WHAT TO PRODUCE: From the line containing "pub above : IsBelow r v" down to the line containing "over_trans : (u" in the records below, reproduce every line exactly, ends included, and omit all others.
━━━ DATASET EXCERPTS
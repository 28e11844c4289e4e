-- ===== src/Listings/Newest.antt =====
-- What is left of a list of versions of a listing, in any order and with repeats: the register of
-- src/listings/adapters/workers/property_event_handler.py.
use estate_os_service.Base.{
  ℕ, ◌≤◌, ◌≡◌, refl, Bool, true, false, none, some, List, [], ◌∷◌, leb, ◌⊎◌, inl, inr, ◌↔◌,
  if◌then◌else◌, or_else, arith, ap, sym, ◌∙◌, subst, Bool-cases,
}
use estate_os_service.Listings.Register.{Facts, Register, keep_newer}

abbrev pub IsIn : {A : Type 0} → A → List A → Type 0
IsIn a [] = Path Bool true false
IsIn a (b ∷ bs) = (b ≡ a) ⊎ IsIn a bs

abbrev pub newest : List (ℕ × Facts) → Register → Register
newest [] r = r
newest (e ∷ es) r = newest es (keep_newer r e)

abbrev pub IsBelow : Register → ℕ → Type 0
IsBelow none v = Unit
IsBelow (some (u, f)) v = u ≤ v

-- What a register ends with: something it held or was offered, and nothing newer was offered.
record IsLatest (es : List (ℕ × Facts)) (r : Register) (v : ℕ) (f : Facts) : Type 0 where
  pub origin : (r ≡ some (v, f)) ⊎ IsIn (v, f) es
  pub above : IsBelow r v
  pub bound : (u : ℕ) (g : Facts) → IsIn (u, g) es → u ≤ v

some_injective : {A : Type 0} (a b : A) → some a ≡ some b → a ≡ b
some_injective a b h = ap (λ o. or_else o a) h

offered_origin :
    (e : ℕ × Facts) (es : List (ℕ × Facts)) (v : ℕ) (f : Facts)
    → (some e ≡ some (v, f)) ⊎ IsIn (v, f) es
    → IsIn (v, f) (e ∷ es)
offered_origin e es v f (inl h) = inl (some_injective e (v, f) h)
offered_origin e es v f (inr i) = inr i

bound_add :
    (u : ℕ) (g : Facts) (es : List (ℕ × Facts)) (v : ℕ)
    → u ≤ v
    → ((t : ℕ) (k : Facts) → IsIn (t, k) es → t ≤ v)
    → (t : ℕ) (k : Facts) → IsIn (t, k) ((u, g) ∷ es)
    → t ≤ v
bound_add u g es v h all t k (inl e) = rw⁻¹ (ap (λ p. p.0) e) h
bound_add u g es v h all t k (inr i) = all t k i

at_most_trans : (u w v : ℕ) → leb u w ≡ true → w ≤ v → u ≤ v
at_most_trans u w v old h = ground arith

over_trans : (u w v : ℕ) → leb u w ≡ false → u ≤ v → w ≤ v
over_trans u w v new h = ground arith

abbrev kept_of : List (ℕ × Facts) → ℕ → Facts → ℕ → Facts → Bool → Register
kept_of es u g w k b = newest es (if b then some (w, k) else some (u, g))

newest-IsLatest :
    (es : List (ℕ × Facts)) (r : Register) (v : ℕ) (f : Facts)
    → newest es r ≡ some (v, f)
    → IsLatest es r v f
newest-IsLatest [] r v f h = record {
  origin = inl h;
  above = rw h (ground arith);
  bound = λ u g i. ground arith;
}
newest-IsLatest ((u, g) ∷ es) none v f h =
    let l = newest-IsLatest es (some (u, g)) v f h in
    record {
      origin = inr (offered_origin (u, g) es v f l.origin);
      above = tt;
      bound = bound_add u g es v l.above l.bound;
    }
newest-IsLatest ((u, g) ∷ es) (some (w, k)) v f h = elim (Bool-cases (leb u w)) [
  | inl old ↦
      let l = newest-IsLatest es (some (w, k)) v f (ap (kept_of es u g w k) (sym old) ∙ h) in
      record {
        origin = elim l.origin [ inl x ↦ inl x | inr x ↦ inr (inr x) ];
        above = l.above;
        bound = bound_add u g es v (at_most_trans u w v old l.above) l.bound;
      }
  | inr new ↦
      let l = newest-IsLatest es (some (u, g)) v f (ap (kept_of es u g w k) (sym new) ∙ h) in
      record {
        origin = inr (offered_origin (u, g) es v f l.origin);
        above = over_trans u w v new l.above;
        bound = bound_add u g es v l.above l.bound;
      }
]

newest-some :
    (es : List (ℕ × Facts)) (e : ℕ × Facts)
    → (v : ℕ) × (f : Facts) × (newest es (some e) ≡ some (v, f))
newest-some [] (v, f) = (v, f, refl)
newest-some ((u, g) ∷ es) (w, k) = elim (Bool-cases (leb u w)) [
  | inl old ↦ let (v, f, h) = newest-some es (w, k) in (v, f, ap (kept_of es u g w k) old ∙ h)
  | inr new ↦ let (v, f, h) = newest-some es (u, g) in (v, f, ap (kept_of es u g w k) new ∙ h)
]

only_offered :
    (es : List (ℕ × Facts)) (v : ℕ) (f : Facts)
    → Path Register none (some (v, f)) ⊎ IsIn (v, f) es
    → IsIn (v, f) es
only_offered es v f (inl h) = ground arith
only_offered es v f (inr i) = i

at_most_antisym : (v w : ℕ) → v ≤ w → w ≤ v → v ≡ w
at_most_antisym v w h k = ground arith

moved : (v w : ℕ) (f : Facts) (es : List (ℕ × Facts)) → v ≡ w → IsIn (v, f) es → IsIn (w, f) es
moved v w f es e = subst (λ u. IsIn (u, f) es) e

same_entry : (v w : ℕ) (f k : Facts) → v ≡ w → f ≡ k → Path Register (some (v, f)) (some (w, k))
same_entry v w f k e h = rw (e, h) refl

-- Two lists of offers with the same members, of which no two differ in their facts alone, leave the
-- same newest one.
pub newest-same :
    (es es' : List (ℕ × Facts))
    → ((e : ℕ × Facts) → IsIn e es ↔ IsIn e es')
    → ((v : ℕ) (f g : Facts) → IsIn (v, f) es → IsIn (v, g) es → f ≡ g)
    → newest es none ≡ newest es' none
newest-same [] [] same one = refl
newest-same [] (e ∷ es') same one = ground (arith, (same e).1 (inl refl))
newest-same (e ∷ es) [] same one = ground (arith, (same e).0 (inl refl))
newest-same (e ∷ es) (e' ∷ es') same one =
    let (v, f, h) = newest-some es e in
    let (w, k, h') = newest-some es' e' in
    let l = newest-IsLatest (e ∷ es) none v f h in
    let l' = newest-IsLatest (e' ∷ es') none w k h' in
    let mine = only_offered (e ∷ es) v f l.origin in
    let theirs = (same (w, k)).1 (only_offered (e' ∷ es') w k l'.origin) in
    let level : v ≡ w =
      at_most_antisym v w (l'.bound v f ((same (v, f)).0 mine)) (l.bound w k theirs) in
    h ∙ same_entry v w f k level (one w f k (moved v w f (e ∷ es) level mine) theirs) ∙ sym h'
━━━━━━
━━━ DATASET EXCERPTS
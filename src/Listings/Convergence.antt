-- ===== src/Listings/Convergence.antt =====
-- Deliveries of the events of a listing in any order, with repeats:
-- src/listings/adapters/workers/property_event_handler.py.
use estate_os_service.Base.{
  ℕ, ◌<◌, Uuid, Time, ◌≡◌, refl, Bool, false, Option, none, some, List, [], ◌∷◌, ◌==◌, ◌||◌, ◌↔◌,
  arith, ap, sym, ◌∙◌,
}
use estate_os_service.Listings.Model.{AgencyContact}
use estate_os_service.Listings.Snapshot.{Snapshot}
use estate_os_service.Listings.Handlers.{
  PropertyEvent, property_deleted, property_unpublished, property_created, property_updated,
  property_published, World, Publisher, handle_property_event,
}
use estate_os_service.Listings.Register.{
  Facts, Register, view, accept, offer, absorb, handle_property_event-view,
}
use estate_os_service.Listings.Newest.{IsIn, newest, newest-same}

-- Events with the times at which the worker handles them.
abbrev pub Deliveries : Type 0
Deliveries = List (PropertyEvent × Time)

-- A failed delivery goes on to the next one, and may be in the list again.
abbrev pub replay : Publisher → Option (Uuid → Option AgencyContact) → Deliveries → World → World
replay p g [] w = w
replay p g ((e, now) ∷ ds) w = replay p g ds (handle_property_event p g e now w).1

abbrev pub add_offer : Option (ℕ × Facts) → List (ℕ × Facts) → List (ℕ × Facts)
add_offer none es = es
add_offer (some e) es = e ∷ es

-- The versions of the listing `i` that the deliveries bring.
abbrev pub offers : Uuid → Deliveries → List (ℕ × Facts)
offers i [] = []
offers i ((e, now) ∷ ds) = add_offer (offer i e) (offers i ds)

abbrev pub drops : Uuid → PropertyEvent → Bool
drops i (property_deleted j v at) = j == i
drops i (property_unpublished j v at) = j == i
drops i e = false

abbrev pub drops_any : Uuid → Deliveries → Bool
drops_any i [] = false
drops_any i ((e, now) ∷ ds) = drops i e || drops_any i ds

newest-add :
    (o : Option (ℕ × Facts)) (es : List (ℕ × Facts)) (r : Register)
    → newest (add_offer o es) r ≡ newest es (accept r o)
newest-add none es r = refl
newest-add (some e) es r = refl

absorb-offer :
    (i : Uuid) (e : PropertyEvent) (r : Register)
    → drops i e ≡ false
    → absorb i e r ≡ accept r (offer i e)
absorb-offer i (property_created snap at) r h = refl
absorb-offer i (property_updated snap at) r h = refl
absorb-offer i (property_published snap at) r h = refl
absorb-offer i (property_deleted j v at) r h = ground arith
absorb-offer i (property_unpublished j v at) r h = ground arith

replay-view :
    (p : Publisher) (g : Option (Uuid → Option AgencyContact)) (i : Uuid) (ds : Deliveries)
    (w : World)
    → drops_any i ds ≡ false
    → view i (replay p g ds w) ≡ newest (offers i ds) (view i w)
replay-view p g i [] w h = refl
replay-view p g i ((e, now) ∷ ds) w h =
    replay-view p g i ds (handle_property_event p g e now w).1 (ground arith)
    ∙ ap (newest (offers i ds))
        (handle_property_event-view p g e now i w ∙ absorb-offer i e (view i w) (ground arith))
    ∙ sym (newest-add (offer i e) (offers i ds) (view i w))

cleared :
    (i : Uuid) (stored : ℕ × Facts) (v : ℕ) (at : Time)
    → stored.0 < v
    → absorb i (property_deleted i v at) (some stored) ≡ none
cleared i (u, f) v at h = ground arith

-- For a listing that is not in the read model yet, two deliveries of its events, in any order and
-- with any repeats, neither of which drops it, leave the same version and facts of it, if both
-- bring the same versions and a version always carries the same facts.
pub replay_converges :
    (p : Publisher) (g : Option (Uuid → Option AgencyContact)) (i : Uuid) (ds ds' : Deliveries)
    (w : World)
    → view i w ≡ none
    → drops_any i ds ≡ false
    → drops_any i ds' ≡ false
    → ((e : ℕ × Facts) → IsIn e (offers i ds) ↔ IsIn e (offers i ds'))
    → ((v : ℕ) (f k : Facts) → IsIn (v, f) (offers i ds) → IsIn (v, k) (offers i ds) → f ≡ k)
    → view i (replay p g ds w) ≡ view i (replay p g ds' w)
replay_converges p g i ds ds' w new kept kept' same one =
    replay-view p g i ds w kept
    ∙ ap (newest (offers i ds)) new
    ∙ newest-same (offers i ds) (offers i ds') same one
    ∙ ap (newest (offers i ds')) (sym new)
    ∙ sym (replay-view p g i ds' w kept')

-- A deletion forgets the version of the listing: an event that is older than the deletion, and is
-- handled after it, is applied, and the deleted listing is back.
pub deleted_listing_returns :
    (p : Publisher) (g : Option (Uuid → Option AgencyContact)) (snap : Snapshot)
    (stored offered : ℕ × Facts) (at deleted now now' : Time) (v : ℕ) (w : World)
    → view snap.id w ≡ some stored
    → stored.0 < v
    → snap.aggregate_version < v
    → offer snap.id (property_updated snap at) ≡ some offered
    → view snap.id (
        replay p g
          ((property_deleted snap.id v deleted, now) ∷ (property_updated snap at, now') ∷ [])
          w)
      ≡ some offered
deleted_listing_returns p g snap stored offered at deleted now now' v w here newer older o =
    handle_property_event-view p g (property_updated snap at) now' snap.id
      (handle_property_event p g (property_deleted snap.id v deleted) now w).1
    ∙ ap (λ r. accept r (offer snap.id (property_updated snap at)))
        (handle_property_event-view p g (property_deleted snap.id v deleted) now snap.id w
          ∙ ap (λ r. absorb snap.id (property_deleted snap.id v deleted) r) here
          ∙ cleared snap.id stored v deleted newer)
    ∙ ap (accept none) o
━━━━━━
EXERCISE OUTPUT:
  pub above : IsBelow r v
  pub bound : (u : ℕ) (g : Facts) → IsIn (u, g) es → u ≤ v

some_injective : {A : Type 0} (a b : A) → some a ≡ some b → a ≡ b
some_injective a b h = ap (λ o. or_else o a) h

offered_origin :
    (e : ℕ × Facts) (es : List (ℕ × Facts)) (v : ℕ) (f : Facts)
    → (some e ≡ some (v, f)) ⊎ IsIn (v, f) es
    → IsIn (v, f) (e ∷ es)
offered_origin e es v f (inl h) = inl (some_injective e (v, f) h)
offered_origin e es v f (inr i) = inr i

bound_add :
    (u : ℕ) (g : Facts) (es : List (ℕ × Facts)) (v : ℕ)
    → u ≤ v
    → ((t : ℕ) (k : Facts) → IsIn (t, k) es → t ≤ v)
    → (t : ℕ) (k : Facts) → IsIn (t, k) ((u, g) ∷ es)
    → t ≤ v
bound_add u g es v h all t k (inl e) = rw⁻¹ (ap (λ p. p.0) e) h
bound_add u g es v h all t k (inr i) = all t k i

at_most_trans : (u w v : ℕ) → leb u w ≡ true → w ≤ v → u ≤ v
at_most_trans u w v old h = ground arith

over_trans : (u w v : ℕ) → leb u w ≡ false → u ≤ v → w ≤ v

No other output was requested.